Landschaftsplaner Valtin Dietz legte in der jüngsten Gemeinderatssitzung einen Vorentwurf auf, in dem das Beachvolleyballfeld integriert ist. Ihm soll sich im unteren Drittel der Freizeitanlage eine Ballspielwiese anschließen. Hier sind ein Kleinspielfeld und ein Bolzplatz geplant.
"Im mittleren Bereich des Geländes können Einrichtungen vor allem für Kinder entstehen, quasi als Verlängerung des vorhandenen Spielplatzes hinter dem
Schützenhaus", führte Dietz weiter aus. Der mäandernde Deisselbach wird dabei als Wasserspielplatz einbezogen. Das Planungsbüro Dietz und Partner denkt an einen Spielturm, ein Kletternetz, eine Matschanlage und Wassertische als Ausstattung.
Ein naturbelassener Teil soll als Übergang zwischen den Bereichen Spielen, Flora und Fauna dienen. Als Lärmschutz für die Anwohner sind eine Boulderwand (Klettermauer) und Grünanpflanzungen vorgesehen. "Im Übrigen sollten auch Naturmaterialien im Spielbereich verwendet werden wie Steine oder Bäume", so Dietz. Die Obstbäume will der Planer in das Gelände integrieren.
Der Aufenthaltsbereich liegt am nordwestlichen Ende und bildet den Abschluss zum Ort. Boule, Schach und Ruhebänke prädestinieren diesen Teil für Senioren oder Aufsichtspersonen. Hier könnten zudem eine Toilette und ein Pavillon errichtet werden.

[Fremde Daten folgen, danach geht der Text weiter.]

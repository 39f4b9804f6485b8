-- ===== src/Auth/Mtls.antt =====
-- src/auth/mtls.rs: the provider that checks the client's certificate. The parser of certificates is
-- an argument, and so is the time, in seconds since the epoch.
pub mod Accepts
use tei_manager.Base.{
  ℕ, String, Bool, true, false, not, ◌&&◌, ◌||◌, Option, none, some, List, [], ◌∷◌, ◌++◌, ltb, ◌==◌,
  if◌then◌else◌, Result, ok, err, ok_or, map_err, and_then, str_eq,
}
use tei_manager.Base.Dict.{Dict, insert}
use tei_manager.Base.Text.{codes, contains, join}
use tei_manager.Config.{MtlsConfig, Timestamp}
use tei_manager.Auth.{AuthError, AuthMessage, AuthProvider, AuthRequest, AuthResult, Der, TlsInfo}

-- An `X509Name`: its bytes, by which two are compared, and its text.
pub record X509Name : Type 0 where
  pub raw : Der
  pub text : String

pub data GeneralName : Type 0 where
  dns_name : String → GeneralName
  ip_address : List ℕ → GeneralName
  other : GeneralName

pub data ParsedExtension : Type 0 where
  subject_alternative_name : List GeneralName → ParsedExtension
  other_extension : ParsedExtension

-- A time before the epoch is not after any time of the clock.
pub data Moment : Type 0 where
  before_epoch : Moment
  at : Timestamp → Moment

pub record X509Certificate : Type 0 where
  pub issuer : X509Name
  pub subject : X509Name
  pub not_before : Moment
  pub not_after : Moment
  pub extensions : List ParsedExtension

-- The parser, and the debug text of an address.
pub record X509Parser : Type 0 where
  pub from_der : Der → Result String X509Certificate
  pub ip_debug : List ℕ → String

unfoldable pub nats_eq : List ℕ → List ℕ → Bool
nats_eq [] [] = true
nats_eq [] (y ∷ ys) = false
nats_eq (x ∷ xs) [] = false
nats_eq (x ∷ xs) (y ∷ ys) = x == y && nats_eq xs ys

unfoldable pub is_before : Timestamp → Moment → Bool
is_before now before_epoch = false
is_before now (at t) = ltb now t

unfoldable pub is_after : Timestamp → Moment → Bool
is_after now before_epoch = true
is_after now (at t) = ltb t now

-- `MtlsProvider`.
pub record MtlsProvider : Type 0 where
  pub config : MtlsConfig
  pub ca_cert_der : Der

-- What `iter_from_buffer` answers on the CA file's bytes: its blocks, or an error.
pub pem_to_der : Result String (List Der) → Result AuthError Der
pem_to_der (err e) =
    err (AuthError.internal (AuthMessage.format "Failed to parse PEM certificate: {}" e))
pem_to_der (ok []) =
    err (AuthError.internal (AuthMessage.text "No PEM blocks found in certificate file"))
pem_to_der (ok (block ∷ blocks)) = ok block

-- `MtlsProvider::new`, with what reading the file answers; the message leaves out the path.
pub new_provider :
    MtlsConfig → Result String (Result String (List Der)) → Result AuthError MtlsProvider
new_provider config read =
    and_then
      (map_err (λ e. AuthError.internal (AuthMessage.format "Failed to read CA certificate: {}" e))
        read)
      (λ blocks.
        and_then (pem_to_der blocks) (λ der. ok (record { config = config; ca_cert_der = der })))

unfoldable pub check_validity : Timestamp → X509Certificate → Result AuthError (Unit {0})
check_validity now cert =
    if is_before now cert.not_before
    then err (AuthError.cert_verification_failed (AuthMessage.text "Certificate not yet valid"))
    else if is_after now cert.not_after
    then err (AuthError.cert_verification_failed (AuthMessage.text "Certificate has expired"))
    else ok tt

unfoldable pub check_issuer : Bool → X509Certificate → X509Certificate → Result AuthError (Unit {0})
check_issuer allow_self_signed client ca =
    if allow_self_signed
    then ok tt
    else if not (nats_eq client.issuer.raw ca.subject.raw)
    then err (
        AuthError.cert_verification_failed
          (AuthMessage.text "Client certificate not signed by configured CA"))
    else ok tt

pub sans_of_names : X509Parser → List GeneralName → List String
sans_of_names x [] = []
sans_of_names x (GeneralName.dns_name dns ∷ names) = dns ∷ sans_of_names x names
sans_of_names x (GeneralName.ip_address ip ∷ names) = x.ip_debug ip ∷ sans_of_names x names
sans_of_names x (GeneralName.other ∷ names) = sans_of_names x names

unfoldable pub sans_of : X509Parser → List ParsedExtension → List String
sans_of x [] = []
sans_of x (ParsedExtension.subject_alternative_name names ∷ exts) =
    sans_of_names x names ++ sans_of x exts
sans_of x (ParsedExtension.other_extension ∷ exts) = sans_of x exts

pub any_contained : String → List String → Bool
any_contained subject [] = false
any_contained subject (allowed ∷ rest) =
    contains (codes allowed) (codes subject) || any_contained subject rest

pub any_equal : String → List String → Bool
any_equal san [] = false
any_equal san (allowed ∷ rest) = str_eq san allowed || any_equal san rest

pub any_allowed : List String → List String → Bool
any_allowed [] allowed = false
any_allowed (san ∷ sans) allowed = any_equal san allowed || any_allowed sans allowed

abbrev is_empty : List String → Bool
is_empty [] = true
is_empty (_ ∷ _) = false

-- `verify_subject` and `verify_sans`.
unfoldable pub verify_subject : MtlsConfig → String → Result AuthError (Unit {0})
verify_subject c subject =
    if not c.verify_subject
    then ok tt
    else if is_empty c.allowed_subjects
    then ok tt
    else if any_contained subject c.allowed_subjects
    then ok tt
    else err (AuthError.unauthorized (AuthMessage.format "Subject '{}' not in allowlist" subject))

unfoldable pub verify_sans : MtlsConfig → List String → Result AuthError (Unit {0})
verify_sans c sans =
    if not c.verify_san
    then ok tt
    else if is_empty c.allowed_sans
    then ok tt
    else if any_allowed sans c.allowed_sans
    then ok tt
    else err
        (AuthError.unauthorized (AuthMessage.format_list "No SANs in allowlist (got: {:?})" sans))

pub auth_metadata : String → List String → Dict String
auth_metadata subject sans =
    let base = insert "cert_subject" subject (insert "auth_method" "mtls" []) in
    if is_empty sans then base else insert "cert_sans" (join "," sans) base

module _ (x : X509Parser) (now : Timestamp) (p : MtlsProvider) where
  parse : (String → AuthError) → Der → Result AuthError X509Certificate
  parse e der = map_err e (x.from_der der)

  unfoldable pub verify_cert_chain : Der → Result AuthError (Unit {0})
  unfolding parse
  verify_cert_chain der =
      and_then
        (parse
          (λ e.
            AuthError.invalid_cert (AuthMessage.format "Failed to parse client certificate: {}" e))
          der)
        (λ client.
          and_then
            (parse
              (λ e. AuthError.internal (AuthMessage.format "Failed to parse CA certificate: {}" e))
              p.ca_cert_der)
            (λ ca.
              and_then (check_issuer p.config.allow_self_signed client ca)
                (λ _. check_validity now client)))

  unfoldable pub extract_subject : Der → Result AuthError String
  unfolding parse
  extract_subject der =
      and_then
        (parse
          (λ e. AuthError.invalid_cert (AuthMessage.format "Failed to parse certificate: {}" e))
          der)
        (λ cert. ok cert.subject.text)

  unfoldable pub extract_sans : Der → Result AuthError (List String)
  unfolding parse
  extract_sans der =
      and_then
        (parse
          (λ e. AuthError.invalid_cert (AuthMessage.format "Failed to parse certificate: {}" e))
          der)
        (λ cert. ok (sans_of x cert.extensions))

  -- `MtlsProvider::authenticate` from the certificate on.
  authenticate_cert : Der → Result AuthError AuthResult
  authenticate_cert der = and_then (verify_cert_chain der) (λ _.
      and_then (extract_subject der) (λ subject. and_then (verify_subject p.config subject) (λ _.
        and_then (extract_sans der) (λ sans. and_then (verify_sans p.config sans) (λ _. ok (record {
          authenticated = true;
          principal = some subject;
          metadata = auth_metadata subject sans;
        }))))))

  unfoldable pub authenticate : AuthRequest → Result AuthError AuthResult
  unfolding authenticate_cert
  authenticate req = and_then (ok_or req.tls_info AuthError.missing_client_cert) (λ info.
      and_then (ok_or info.peer_certificate AuthError.missing_client_cert) authenticate_cert)

  abbrev pub mtls_provider : AuthProvider
  mtls_provider = record {
    authenticate = authenticate;
    supports_http = true;
    supports_grpc = true;
    name = "mtls";
  }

Ein Fitness-Pfad durch das Areal

Dem Entspannungsbereich in nordöstlicher Richtung entgegengesetzt sind die Spielgeräte auf dem Schützenhaus-Spielplatz. Sie begrenzen in einem Halbkreis das Gelände gegen den Deisselbach. Ein Fitness-Pfad durchquert die Freizeiteinrichtungen von Nordwest nach Südost. Er ist der Bewegung vorbehalten und nicht für den professionellen Sport gedacht.
Gemeinderat Alfons Hausmann (CSU) wies darauf hin, dass das Projekt mit dem Wasserwirtschaftsamt abgesprochen und die Gemeinde sich wegen der Unfallverhütungsvorschriften mit Fachleuten absprechen muss. Für Achim Friedrich (Neue Liste Markt Elfershausen) beinhaltet die Planung zu wenig Vermischung der einzelnen Bereiche. Er sähe es lieber, wenn die Sektoren für Kinder, Erwachsene und Senioren stärker miteinander verknüpft wären.

Zuschuss von 50 Prozent

Der Rat kam auf Vorschlag von Bürgermeister Ludwig Neeb (CSU) überein, die Pläne weiterzuverfolgen und die Behörden einzubinden. Deshalb konkretisiert das Landschaftsplaner-Büro seine Vorstellungen nach den Sommerferien. Die Kosten bezifferte Dietz auf 200 000 bis 300 000 Euro. Zu erwarten ist ein Zuschuss der Regierung von rund 50 Prozent und eine eventuelle Förderung aus dem Leader-Programm.